-- ===== src/Nvme/Cache/Tests.antt =====
-- A layer of two pages with experts of one page each, and the theorems at it.
use vllm_exl.Prelude.{
  sym, ◌==◌, Bool-cases, inl, inr, arith, ℕ, ◌≡◌, refl, true, false, some, [], ◌∷◌, ok, raise,
  cache_busy, interrupted, value_error, none, ◌*◌, ◌^◌,
}
use vllm_exl.Nvme.Regions.Defs.{
  Regions, aligned, cut, first_fit, insert, pop, granted, allocate, insert_sorted, pair_leb, sort,
  coalesce_from, coalesce, returned, release,
}
use vllm_exl.Nvme.Cache.Defs.{
  Entry, Cache, Outcome, find, delete, put, update, evict, candidate, make_room, load, lease,
  end_lease, any_users, evict_all, clear, close,
}
use vllm_exl.Nvme.Regions.Defs.{init}
use vllm_exl.Nvme.Regions.Laws.{init-IsValid}
use vllm_exl.Nvme.Cache.Arena.{Arenas}
use vllm_exl.Nvme.Cache.Blocks.{Owned}
use vllm_exl.Nvme.Cache.Owned.{load-Owned}
use vllm_exl.Prelude.Keys.{member, distinct}
use vllm_exl.Nvme.Cache.Opening.{
  HostMemory, Records, Quotas, layers_of, chosen_quotas, subset, largest, open_regions, too_small,
  open_cache,
}
use vllm_exl.Nvme.Cache.Partition.{Laid, open_cache-Laid}
use vllm_exl.Nvme.Cache.Stocked.{open_cache-loads}
use vllm_exl.Nvme.Cache.Leases.{Accounted, Keeps, load-Keeps, clear_lem}

program : Unit {0}
unfolding init aligned cut first_fit insert pop granted allocate insert_sorted pair_leb sort
    coalesce_from coalesce returned release find delete put update evict candidate make_room load
    lease end_lease any_users evict_all clear close
program = tt

-- expert 5 of layer 3 is leased, expert 6 is not
abbrev both : Cache
both = record {
  regions = (3, record { free = []; allocated = (0, 4096) ∷ (4096, 4096) ∷ [] }) ∷ [];
  entries =
      record { key = (3, 5); offset = 0; size = 4000; generation = 1; users = 1; events = [] }
      ∷ record {
        key = (3, 6);
        offset = 4096;
        size = 4000;
        generation = 2;
        users = 0;
        events = 7 ∷ [];
      }
      ∷ [];
  generation = 2;
  hits = 0;
  misses = 2;
  evictions = 0;
  failures = 0;
  peak_resident_bytes = 8000;
  resident_bytes = 8000;
  closed = false;
}

-- expert 7 takes the place of expert 6
replaced :
    lease true (ok tt) (λ e. true) false (3, 7) (some 4096) both
    ≡ some (
      ok tt,
      record both {
        entries =
            record { key = (3, 5); offset = 0; size = 4000; generation = 1; users = 1; events = [] }
            ∷ record {
              key = (3, 7);
              offset = 4096;
              size = 4096;
              generation = 3;
              users = 1;
              events = [];
            }
            ∷ [];
        regions = (3, record { free = []; allocated = (0, 4096) ∷ (4096, 4096) ∷ [] }) ∷ [];
        generation = 3;
        misses = 3;
        evictions = 1;
        peak_resident_bytes = 8096;
        resident_bytes = 8096;
      },
    )
unfolding program
replaced = refl

-- two pages for one expert do not come free while one is leased
busy :
    ((o : Outcome Entry) × (load true (ok tt) (3, 8) 8192 both ≡ some o) × (o.0 ≡ raise cache_busy))
unfolding program
busy = (_, refl, refl)

leased_clear : clear both ≡ (raise cache_busy, both)
unfolding program
leased_clear = refl

load-Keeps_example :
    (o : Outcome Entry) × (load true (raise interrupted) (3, 7) 4096 both ≡ some o) × Keeps both o.1
unfolding program
load-Keeps_example = load-Keeps true (raise interrupted) (3, 7) 4096 both refl

clear_lem_example :
    (any_users both.entries ≡ true → clear both ≡ (raise cache_busy, both))
    × ((u : Unit {0})
        → (clear both).0 ≡ ok u
        → ((clear both).1.entries ≡ []) × (Accounted both → (clear both).1.resident_bytes ≡ 0))
clear_lem_example = clear_lem both

abbrev two_pages : Regions
two_pages = record { free = (0, 8192) ∷ []; allocated = [] }

abbrev unused : Cache
unused = record both { regions = (3, two_pages) ∷ []; entries = []; resident_bytes = 0 }

abbrev loaded : Entry
loaded = record { key = (3, 5); offset = 0; size = 4000; generation = 3; users = 0; events = [] }

abbrev after : Cache
after = record unused {
  regions = (3, record { free = (4096, 4096) ∷ []; allocated = (0, 4096) ∷ [] }) ∷ [];
  entries = loaded ∷ [];
  generation = 3;
  resident_bytes = 4000;
}

first_load : load true (ok tt) (3, 5) 4000 unused ≡ some (ok loaded, after)
unfolding program
first_load = refl

made : init 8192 0 ≡ ok two_pages
unfolding program
made = refl

abbrev extent : ℕ → ℕ × ℕ
extent layer = (0, 8192)

unused-Owned : Owned unused
unused-Owned layer o r at = elim (Bool-cases (layer == 3)) [
  | inl t ↦ let same : two_pages ≡ r = ground arith in rw (sym same) refl
  | inr f ↦ absurd (ground arith)
]

load-Owned_example : Arenas extent after × Owned after
unfolding program
load-Owned_example =
    load-Owned extent (3, 5) true (ok tt) 4000 unused (ok loaded, after)
      (init-IsValid 8192 0 two_pages made, tt) unused-Owned refl first_load

abbrev idle : HostMemory
idle = record { mem_available = 8 * 2 ^ 30; swap_total = 4096; swap_free = 4096 }

-- two layers, in the order of the index
abbrev two_layers : Records
two_layers = ((4, 1), 8000) ∷ ((3, 5), 4000) ∷ ((3, 6), 4096) ∷ []

abbrev two_quotas : Quotas
two_quotas = (4, 8192) ∷ (3, 4096) ∷ []

abbrev opened : Cache
opened = record both {
  regions =
      (3, record { free = (0, 4096) ∷ []; allocated = [] })
      ∷ (4, record { free = (4096, 8192) ∷ []; allocated = [] })
      ∷ [];
  entries = [];
  generation = 0;
  misses = 0;
  peak_resident_bytes = 0;
  resident_bytes = 0;
}

opening : Unit {0}
unfolding member distinct subset largest open_regions open_cache sort insert_sorted pair_leb init
opening = tt

opens : open_cache idle two_layers 12288 (some two_quotas) 4096 ≡ ok opened
unfolding opening
opens = refl

-- without quotas the store may have one layer only
needs_quotas : open_cache idle two_layers 12288 none 4096 ≡ raise value_error
unfolding opening
needs_quotas = refl

-- the expert of layer 4 does not fit
too_wide :
    open_cache idle two_layers 12288 (some ((4, 4096) ∷ (3, 8192) ∷ [])) 4096 ≡ raise value_error
unfolding opening
too_wide = refl

open_cache-Laid_example :
    (too_small idle 12288 4096 ≡ false)
    × Accounted opened
    × ((qs : Quotas) × (chosen_quotas 12288 (layers_of two_layers) (some two_quotas) ≡ ok qs)
        × Laid two_layers 12288 0 (sort qs) opened.regions)
open_cache-Laid_example = open_cache-Laid idle two_layers 12288 (some two_quotas) 4096 opened opens

open_cache-loads_example :
    (e : Entry) × (c : Cache) × (load true (ok tt) (3, 6) 4096 opened ≡ some (ok e, c))
    × (e.key ≡ (3, 6))
    × (e.size ≡ 4096)
open_cache-loads_example =
    open_cache-loads idle two_layers 12288 (some two_quotas) 4096 opened (3, 6) 4096 opens
      (inr (inr (inl (refl, refl)))) (omega arith)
--------
Exercise details => Reproduce word for word the material above, beginning with the line that contains "unused-Owned : Owned unused" and ending with the line that contains "two_quotas = (4, 8192) ∷ (3, 4096) ∷ []".

Result for this exercise =>
unused-Owned : Owned unused
unused-Owned layer o r at = elim (Bool-cases (layer == 3)) [
  | inl t ↦ let same : two_pages ≡ r = ground arith in rw (sym same) refl
  | inr f ↦ absurd (ground arith)
]

load-Owned_example : Arenas extent after × Owned after
unfolding program
load-Owned_example =
    load-Owned extent (3, 5) true (ok tt) 4000 unused (ok loaded, after)
      (init-IsValid 8192 0 two_pages made, tt) unused-Owned refl first_load

abbrev idle : HostMemory
idle = record { mem_available = 8 * 2 ^ 30; swap_total = 4096; swap_free = 4096 }

-- two layers, in the order of the index
abbrev two_layers : Records
two_layers = ((4, 1), 8000) ∷ ((3, 5), 4000) ∷ ((3, 6), 4096) ∷ []

abbrev two_quotas : Quotas
two_quotas = (4, 8192) ∷ (3, 4096) ∷ []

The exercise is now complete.